What is AWS Transit Gateway and the Problem It Solves
AWS Transit Gateway is a regional network transit hub that you use to interconnect your virtual private clouds (VPCs) and on-premises networks. As your cloud infrastructure grows, you may have dozens or hundreds of VPCs. Traditionally, to connect VPCs together, you would use VPC peering. However, VPC peering has several limitations: it's a one-to-one connection, does not support transitive routing (if VPC A is peered with VPC B and VPC B is peered with VPC C, traffic cannot flow from A to C through B), and managing hundreds of peering connections becomes operationally complex. Transit Gateway solves this by providing a central hub that all VPCs and on-premises networks attach to. It uses a hub-and-spoke model, where the Transit Gateway acts as the hub, and each VPC or VPN connection is a spoke. This allows transitive routing between all attached networks without the need for individual peering connections.

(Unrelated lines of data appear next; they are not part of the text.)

-- ===== src/Phases/Progress.antt =====
-- Each call of `run_phase` that meets no error is one step nearer to the deployment.
use nelm_operator.Base.{
  ◌≡◌, refl, sym, subst, suc, Bool, true, false, ◌&&◌, not, Option, some, is_some, ◌∷◌, Result, ok,
  err, str_eq, if◌then◌else◌, Bool-cases, inl, inr,
}
use nelm_operator.Api.{Release, ReleaseStatus, ChartSourceReference}
use nelm_operator.Source.{SourceObject}
use nelm_operator.World.{Env, State, Effect, ◌>>=◌, check, pure, set_status, branch, is_ok}
use nelm_operator.Controller
use nelm_operator.Controller.{
  Reconciler, ChartRefStep, finished, same_option, same_reference, enter_pending,
  enter_disconnecting, enter_ready, is_settled_phase,
}
use nelm_operator.Laws.Keeps.{check-outcomes}
use nelm_operator.Laws.Services.{IsLawful}
use nelm_operator.Phases.{
  steps_left, Advanced, accepted, refused, PhaseStep, deploys, advances, ensure_fails,
  cleanup_fails,
}
use nelm_operator.Phases.References.{same_reference_refl}
use nelm_operator.Phases.Still.{ensure-Keeps_rel, cleanup-Keeps_rel}

-- The update that `advance` makes.
advance-Advanced :
    (env : Env) (r : Reconciler) (f : ReleaseStatus → ReleaseStatus) (Q : ReleaseStatus → Type 0)
    (s : State env)
    → Q (f s.rel.status)
    → Advanced Q (Controller.advance env r f s)
unfolding Controller.advance Controller.update_status ◌>>=◌
advance-Advanced env r f Q s h = after (env.kube.update_status (set_status f s.rel) s.world)
  where
    after :
        (out : Result Release × env.World)
        → Advanced Q (
            check
              (λ s'.
                (branch {env = env} {A = Release} {B = Result (Unit {0})}
                  (λ e s. (err e, s))
                  (λ stored s. (ok tt, record s { rel = stored }))
                  out.0
                  (record s' {
                    world = out.1;
                    trace = Effect.status_updated s'.rel.status (is_ok out.0) ∷ s'.trace;
                  })))
              (λ e. pure (finished (Controller.failed e)))
              (λ _. pure (finished Controller.requeue_now))
              (record s { rel = set_status f s.rel }))
    after (ok rel, w) = accepted _ _ _ _ h
    after (err e, w) = refused _ _ _ _ _ h

enter_ready-nearer :
    (ref : ChartSourceReference) (st : ReleaseStatus) (matches : Bool)
    → same_option st.candidate_chart_source (some ref) ≡ matches
    → is_settled_phase st.chart_source_phase ≡ false
    → str_eq st.chart_source_phase "Pending" ≡ false
    → str_eq st.chart_source_phase "Disconnecting" ≡ true
    → suc (steps_left ref (enter_ready st)) ≡ steps_left ref st
unfolding steps_left
enter_ready-nearer ref st true m unsettled later disconnecting =
    simp (m, unsettled, later, disconnecting)
enter_ready-nearer ref st false m unsettled later disconnecting =
    simp (m, unsettled, later, disconnecting)

unknown_left :
    (ref : ChartSourceReference) (st : ReleaseStatus)
    → is_settled_phase st.chart_source_phase ≡ false
    → str_eq st.chart_source_phase "Pending" ≡ false
    → str_eq st.chart_source_phase "Disconnecting" ≡ false
    → steps_left ref st ≡ 0
unfolding steps_left
unknown_left ref st unsettled later unknown = simp (unsettled, later, unknown)

module _ (env : Env) (r : Reconciler) (laws : IsLawful env) (obj : SourceObject)
    (ref : ChartSourceReference) where
  -- The Release that a call on a source leaves.
  ensure-same :
      (s : State env) (out : Result (Unit {0})) (s' : State env)
      → Controller.ensure_chart_source_ref env r obj s ≡ (out, s')
      → s'.rel ≡ s.rel
  ensure-same s out s' q =
      subst (λ p. p.1.rel ≡ s.rel) q
        ((ensure-Keeps_rel env r (λ rel. rel ≡ s.rel) laws obj).at s
          (record { holds = refl })).holds

  cleanup-same :
      (old : Option ChartSourceReference) (s : State env) (out : Result (Unit {0})) (s' : State env)
      → Controller.cleanup_chart_source_ref env r old s ≡ (out, s')
      → s'.rel ≡ s.rel
  cleanup-same old s out s' q =
      subst (λ p. p.1.rel ≡ s.rel) q
        ((cleanup-Keeps_rel env r (λ rel. rel ≡ s.rel) laws old).at s
          (record { holds = refl })).holds

  -- A step behind a call on a source.
  advance-PhaseStep :
      (f : ReleaseStatus → ReleaseStatus) (s s' : State env)
      → s'.rel ≡ s.rel
      → suc (steps_left ref (f s.rel.status)) ≡ steps_left ref s.rel.status
      → PhaseStep env r obj ref s (Controller.advance env r f s')
  advance-PhaseStep f s s' same nearer = advances (
      advance-Advanced env r f _ s' (
        subst (λ rel. suc (steps_left ref (f rel.status)) ≡ steps_left ref s.rel.status) (sym same)
          nearer))

  pending-PhaseStep :
      (s : State env) (matches : Bool)
      → same_option s.rel.status.candidate_chart_source (some ref) ≡ matches
      → is_settled_phase s.rel.status.chart_source_phase ≡ false
      → str_eq s.rel.status.chart_source_phase "Pending" ≡ true
      → PhaseStep env r obj ref s (Controller.pending_phase env r obj ref s)
  unfolding Controller.pending_phase ◌>>=◌ steps_left
  pending-PhaseStep s false retargeted unsettled pending = rw retargeted (
      advance-PhaseStep (λ st. record st { candidate_chart_source = some ref }) s s refl
        (simp (same_reference_refl, retargeted, unsettled, pending)))
  pending-PhaseStep s true matches unsettled pending = rw matches (
      check-outcomes (PhaseStep env r obj ref s) (Controller.ensure_chart_source_ref env r obj) _ _
        s ensure_fails
        (λ a s' q.
          advance-PhaseStep enter_disconnecting s s' (ensure-same s (ok a) s' q)
            (simp (matches, unsettled, pending))))

  disconnecting-PhaseStep :
      (s : State env) (matches : Bool)
      → same_option s.rel.status.candidate_chart_source (some ref) ≡ matches
      → is_settled_phase s.rel.status.chart_source_phase ≡ false
      → str_eq s.rel.status.chart_source_phase "Pending" ≡ false
      → str_eq s.rel.status.chart_source_phase "Disconnecting" ≡ true
      → (releases : Bool)
      → (is_some s.rel.status.last_applied_chart_source
          && not (
              same_option s.rel.status.last_applied_chart_source
                s.rel.status.candidate_chart_source))
        ≡ releases
      → PhaseStep env r obj ref s (Controller.disconnecting_phase env r s)
  unfolding Controller.disconnecting_phase ◌>>=◌
  disconnecting-PhaseStep s matches m unsettled later disconnecting false keeps = rw keeps (
      advance-PhaseStep enter_ready s s refl
        (enter_ready-nearer ref s.rel.status matches m unsettled later disconnecting))
  disconnecting-PhaseStep s matches m unsettled later disconnecting true releases = rw releases (
      check-outcomes (PhaseStep env r obj ref s)
        (Controller.cleanup_chart_source_ref env r s.rel.status.last_applied_chart_source) _ _ s
        cleanup_fails
        (λ a s' q.
          advance-PhaseStep enter_ready s s' (cleanup-same _ s (ok a) s' q)
            (enter_ready-nearer ref s.rel.status matches m unsettled later disconnecting)))

  settled-PhaseStep :
      (s : State env) (applied : Bool)
      → same_option s.rel.status.last_applied_chart_source (some ref) ≡ applied
      → is_settled_phase s.rel.status.chart_source_phase ≡ true
      → PhaseStep env r obj ref s (
          (if not applied
              then Controller.advance env r (enter_pending ref)
              else Controller.deploy_from env r obj)
            s)
  unfolding steps_left
  settled-PhaseStep s false other settled =
      advance-PhaseStep (enter_pending ref) s s refl (simp (same_reference_refl, other, settled))
  settled-PhaseStep s true applied settled = deploys (simp (applied, settled))

  unsettled-PhaseStep :
      (s : State env)
      → is_settled_phase s.rel.status.chart_source_phase ≡ false
      → PhaseStep env r obj ref s (
          (if str_eq s.rel.status.chart_source_phase "Pending"
              then Controller.pending_phase env r obj ref
              else (if str_eq s.rel.status.chart_source_phase "Disconnecting"
                  then Controller.disconnecting_phase env r
                  else Controller.deploy_from env r obj))
            s)
  unsettled-PhaseStep s unsettled =
      elim (Bool-cases (str_eq s.rel.status.chart_source_phase "Pending")) [
        | inl pending ↦ rw pending (pending-PhaseStep s _ refl unsettled pending)
        | inr later ↦ elim (Bool-cases (str_eq s.rel.status.chart_source_phase "Disconnecting")) [
          | inl last ↦
              rw (later, last) (disconnecting-PhaseStep s _ refl unsettled later last _ refl)
          | inr unknown ↦
              rw (later, unknown) (deploys (unknown_left ref s.rel.status unsettled later unknown))
        ]
      ]

-- In any phase, in any world whose client retries as documented, for any source and any reference
-- that is wanted: one call of `run_phase` deploys from the source, when no step is left; or it
-- stores a status from which one step less is left, and is requeued at once if the server takes it;
-- or it reports the error with which the call on a source of that phase ended.
pub run_phase-PhaseStep :
    (env : Env) (r : Reconciler)
    → IsLawful env
    → (obj : SourceObject) (ref : ChartSourceReference) (s : State env)
    → PhaseStep env r obj ref s (Controller.run_phase env r obj ref s)
unfolding Controller.run_phase ◌>>=◌
run_phase-PhaseStep env r laws obj ref s =
    elim (Bool-cases (is_settled_phase s.rel.status.chart_source_phase)) [
      | inl settled ↦ rw settled (settled-PhaseStep env r laws obj ref s _ refl settled)
      | inr unsettled ↦ rw unsettled (unsettled-PhaseStep env r laws obj ref s unsettled)
    ]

How It Works — Walk Through the Mechanism
Transit Gateway is a fully managed service. When you create a Transit Gateway, AWS provisions a highly available, scalable router in the region. You then create attachments to connect your VPCs, VPN connections (from on-premises or other clouds), AWS Direct Connect gateways, and even other Transit Gateways (via peering). Each attachment is associated with a route table. Transit Gateway uses route tables to determine where to send traffic. You can create multiple route tables to isolate networks (e.g., production vs. development) or to control routing policies. For example, you can have a route table that only allows traffic between specific VPCs, while another route table allows all traffic.
Behind the scenes, Transit Gateway uses the AWS global network infrastructure to route traffic efficiently. It supports multicast and can handle up to 50 Gbps per attachment (default limit, can be increased). Transit Gateway also integrates with AWS Network Manager to provide a centralized view of your global network.

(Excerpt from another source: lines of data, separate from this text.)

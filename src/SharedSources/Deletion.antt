-- ===== src/SharedSources/Deletion.antt =====
-- When `cleanupChartSourceRef` deletes a chart source.
use nelm_operator.Base.{
  ℕ, suc, String, ◌≡◌, Bool, true, false, none, some, List, [], ◌∷◌, Error, ok, err, join_comma,
  if◌then◌else◌,
}
use nelm_operator.World.{
  Env, State, Effect, Unstructured, ObjectKey, object_deleted, source_updated,
}
use nelm_operator.Controller
use nelm_operator.Controller.{Reconciler, Latest, Attempt}

abbrev pub is_deletion : Effect → Bool
is_deletion (Effect.object_deleted key b) = true
is_deletion _ = false

-- How many deletions are on record.
unfoldable pub deletions : List Effect → ℕ
deletions [] = 0
deletions (e ∷ t) = let rest = deletions t in if is_deletion e then suc rest else rest

-- How the calls of a cleanup end: nothing is deleted, or the last call is the one deletion, right
-- behind an update that left the list empty.
pub data CleanupEnds (before : List Effect) : List Effect → Type 0 where
  keeps : (t : List Effect) → deletions t ≡ deletions before → CleanupEnds before t
  deletes :
      (key updated : ObjectKey) (b : Bool) (t : List Effect)
      → deletions t ≡ deletions before
      → CleanupEnds before (object_deleted key b ∷ source_updated updated "" true ∷ t)

module _ (env : Env) (r : Reconciler) (n : ℕ) where
  -- What is noted is what the last call wrote.
  data Noted : State env × Latest env r → Type 0 where
    nothing : (s : State env) → deletions s.trace ≡ n → Noted (s, none)
    wrote :
        (live : Unstructured env.Json) (names : List String) (s : State env) (key : ObjectKey)
        (t : List Effect)
        → s.trace ≡ source_updated key (join_comma names) true ∷ t
        → deletions t ≡ n
        → Noted (s, some (live, names))

  -- An attempt that fails has noted nothing.
  data Ends : Attempt env r → Type 0 where
    failing : (e : Error) (s : State env) → deletions s.trace ≡ n → Ends (err e, (s, none))
    ending : (u : Unit {0}) (p : State env × Latest env r) → Noted p → Ends (ok u, p)

  -- Nothing is noted.
  data Fresh (p : State env × Latest env r) : Type 0 where
    fresh : (s : State env) → p ≡ (s, none) → deletions s.trace ≡ n → Fresh p
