-- ===== src/Separation.antt =====
-- A Release that is being deleted is not deployed, and any other is not uninstalled:
-- internal/controller/release_controller.go.
pub mod Install
pub mod Delete
pub mod Reconcile
use nelm_operator.Base.{
  String, ◌≡◌, refl, Bool, true, false, List, [], ◌∷◌, Error, Result, ok, err, arith,
}
use nelm_operator.World.{Env, Effect}
use nelm_operator.Laws.Quiet.{Quiet, is_marked}
use nelm_operator.Laws.Quiet.Rollback.{Scoped}
use nelm_operator.Order.{Scoped-any}

abbrev pub is_deployment : Effect → Bool
is_deployment (Effect.install_planned outcome) = true
is_deployment (Effect.installed b) = true
is_deployment (Effect.rolled_back b) = true
is_deployment _ = false

abbrev pub is_uninstall : Effect → Bool
is_uninstall (Effect.uninstalled b) = true
is_uninstall _ = false

-- No call of the kind is on record.
pub data Lacks (p : Effect → Bool) : List Effect → Type 0 where
  nothing : Lacks p []
  another : (e : Effect) (t : List Effect) → p e ≡ false → Lacks p t → Lacks p (e ∷ t)

unmarked-deployment : (e : Effect) → is_marked e ≡ false → is_deployment e ≡ false
unmarked-deployment e q = ground arith

unmarked-uninstall : (e : Effect) → is_marked e ≡ false → is_uninstall e ≡ false
unmarked-uninstall e q = ground arith

-- Unmarked calls are of neither kind.
pub Quiet-deployment : Quiet (Lacks is_deployment)
Quiet-deployment = record { cons = λ e t q h. another e t (unmarked-deployment e q) h }

pub Quiet-uninstall : Quiet (Lacks is_uninstall)
Quiet-uninstall = record { cons = λ e t q h. another e t (unmarked-uninstall e q) h }

pub Scoped-deployment : (env : Env) → Scoped env (Lacks is_deployment) (Lacks is_deployment)
Scoped-deployment env = Scoped-any (λ b t h. another _ t refl h) (λ dir t h. another _ t refl h)

pub Scoped-uninstall : (env : Env) → Scoped env (Lacks is_uninstall) (Lacks is_uninstall)
Scoped-uninstall env = Scoped-any (λ b t h. another _ t refl h) (λ dir t h. another _ t refl h)
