-- ===== src/Separation/Reconcile.antt =====
-- What the deletion mark of a Release decides: `Reconcile` of
-- internal/controller/release_controller.go.
use nelm_operator.Base.{String, ◌≡◌, refl, true, false, not, [], ok, if◌then◌else◌}
use nelm_operator.Api.{Release}
use nelm_operator.World.{Env, State, ◌>>=◌, pure, release_read}
use nelm_operator.Controller
use nelm_operator.Controller.{Reconciler, has_finalizer, add_finalizer}
use nelm_operator.Laws.Keeps.{Keeps, OnTrace, trace_rules}
use nelm_operator.Laws.Services.{IsLawful}
use nelm_operator.Laws.Quiet.{Quiet}
use nelm_operator.Separation.{
  Lacks, nothing, another, is_deployment, is_uninstall, Quiet-deployment, Quiet-uninstall,
  Scoped-deployment, Scoped-uninstall,
}
use nelm_operator.Separation.Install.{reconcile_chart-Keeps_any}
use nelm_operator.Separation.Delete.{patch-Keeps_any, reconcile_delete-Keeps_any}

module _ (env : Env) (r : Reconciler) (laws : IsLawful env) where
  delete-Lacks : Keeps (OnTrace (Lacks is_deployment)) (Controller.reconcile_delete env r)
  delete-Lacks =
      reconcile_delete-Keeps_any env r laws Quiet-deployment Quiet-deployment
        (Scoped-deployment env) (λ names b t h. another _ t refl h) (λ b t h. another _ t refl h)

  chart-Lacks :
      Quiet (Lacks is_uninstall)
      → Keeps (OnTrace (Lacks is_uninstall)) (Controller.reconcile_chart env r)
  chart-Lacks quiet =
      reconcile_chart-Keeps_any env r quiet quiet (Scoped-uninstall env)
        (λ o t h. another _ t refl h) (λ b t h. another _ t refl h) (λ b t h. another _ t refl h)
        quiet (Scoped-uninstall env) laws

  add-Lacks :
      Quiet (Lacks is_uninstall)
      → Keeps (OnTrace (Lacks is_uninstall)) (Controller.patch_finalizers env r add_finalizer)
  add-Lacks quiet = patch-Keeps_any env r (λ names b t h. another _ t refl h) add_finalizer

  ensure-Lacks :
      Quiet (Lacks is_uninstall)
      → Keeps (OnTrace (Lacks is_uninstall)) (Controller.ensure_finalizer env r)
  unfolding Controller.ensure_finalizer
  ensure-Lacks quiet = search (trace_rules, add-Lacks)

  -- A Release that is not being deleted.
  live-Lacks :
      (rel : Release)
      → Keeps (OnTrace (Lacks is_uninstall)) (
          if rel.spec.suspend
          then pure {env = env} Controller.done
          else (if not (has_finalizer rel)
              then Controller.ensure_finalizer env r
              else Controller.reconcile_chart env r))
  live-Lacks rel = search (trace_rules, Quiet-uninstall, ensure-Lacks, chart-Lacks)

-- When the Release that is read is being deleted, with a client as documented and in any world,
-- the call plans no install, installs nothing and rolls nothing back.
pub reconcile-Lacks_deployment :
    (env : Env) (r : Reconciler)
    → IsLawful env
    → (namespace name : String) (s : State env) (rel : Release) (w : env.World)
    → env.kube.get_release namespace name s.world ≡ (ok rel, w)
    → rel.is_deleting ≡ true
    → s.trace ≡ []
    → Lacks is_deployment (Controller.reconcile env r namespace name s).1.trace
unfolding Controller.reconcile Controller.reconcile_release ◌>>=◌
reconcile-Lacks_deployment env r laws namespace name s rel w found deleting start =
    rw (found, deleting)
      ((delete-Lacks env r laws).at _
        (record { holds = rw start (another (release_read true) [] refl nothing) })).holds

-- When the Release that is read is not being deleted, with a client as documented and in any
-- world, the call uninstalls nothing, whether or not the Release is suspended.
pub reconcile-Lacks_uninstall :
    (env : Env) (r : Reconciler)
    → IsLawful env
    → (namespace name : String) (s : State env) (rel : Release) (w : env.World)
    → env.kube.get_release namespace name s.world ≡ (ok rel, w)
    → rel.is_deleting ≡ false
    → s.trace ≡ []
    → Lacks is_uninstall (Controller.reconcile env r namespace name s).1.trace
unfolding Controller.reconcile Controller.reconcile_release ◌>>=◌ Controller.reconcile_delete
reconcile-Lacks_uninstall env r laws namespace name s rel w found live start =
    rw (found, live)
      ((live-Lacks env r laws rel).at _
        (record { holds = rw start (another (release_read true) [] refl nothing) })).holds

Key Tiers, Configurations, and Pricing Models
Transit Gateway has two main pricing components: an hourly charge for each Transit Gateway you create (currently $0.05 per hour in most regions) and a per-GB data transfer charge for data processed by the Transit Gateway (e.g., $0.02 per GB for intra-region transfers). There is also a charge for each attachment (e.g., VPC attachment costs $0.05 per hour). Note that data transfer between VPCs via Transit Gateway is charged at the standard inter-AZ or inter-region data transfer rates, which can add up.
There is no tiered pricing for Transit Gateway itself—it's a flat hourly rate plus usage charges. However, you can use Transit Gateway with AWS Organizations to manage multiple accounts centrally.
Comparison to On-Premises or Competing Approaches
Before Transit Gateway, the primary AWS solution for connecting multiple VPCs was VPC peering. VPC peering is a one-to-one connection that does not support transitive routing. So if you have 10 VPCs, you would need up to 45 peering connections (n*(n-1)/2) to fully mesh them. Transit Gateway reduces this to 10 attachments (one per VPC). Additionally, VPC peering does not support overlapping CIDR blocks, while Transit Gateway can handle overlapping CIDRs with careful route table design (though it's not recommended). For hybrid connectivity, you can use AWS VPN or Direct Connect to connect your on-premises network to Transit Gateway, enabling connectivity to all attached VPCs. Without Transit Gateway, you would need a separate VPN connection for each VPC.
Another alternative is the Third-party virtual firewall or router in a VPC (e.g., Cisco CSR), but that requires manual management and scaling. Transit Gateway is fully managed and scales automatically.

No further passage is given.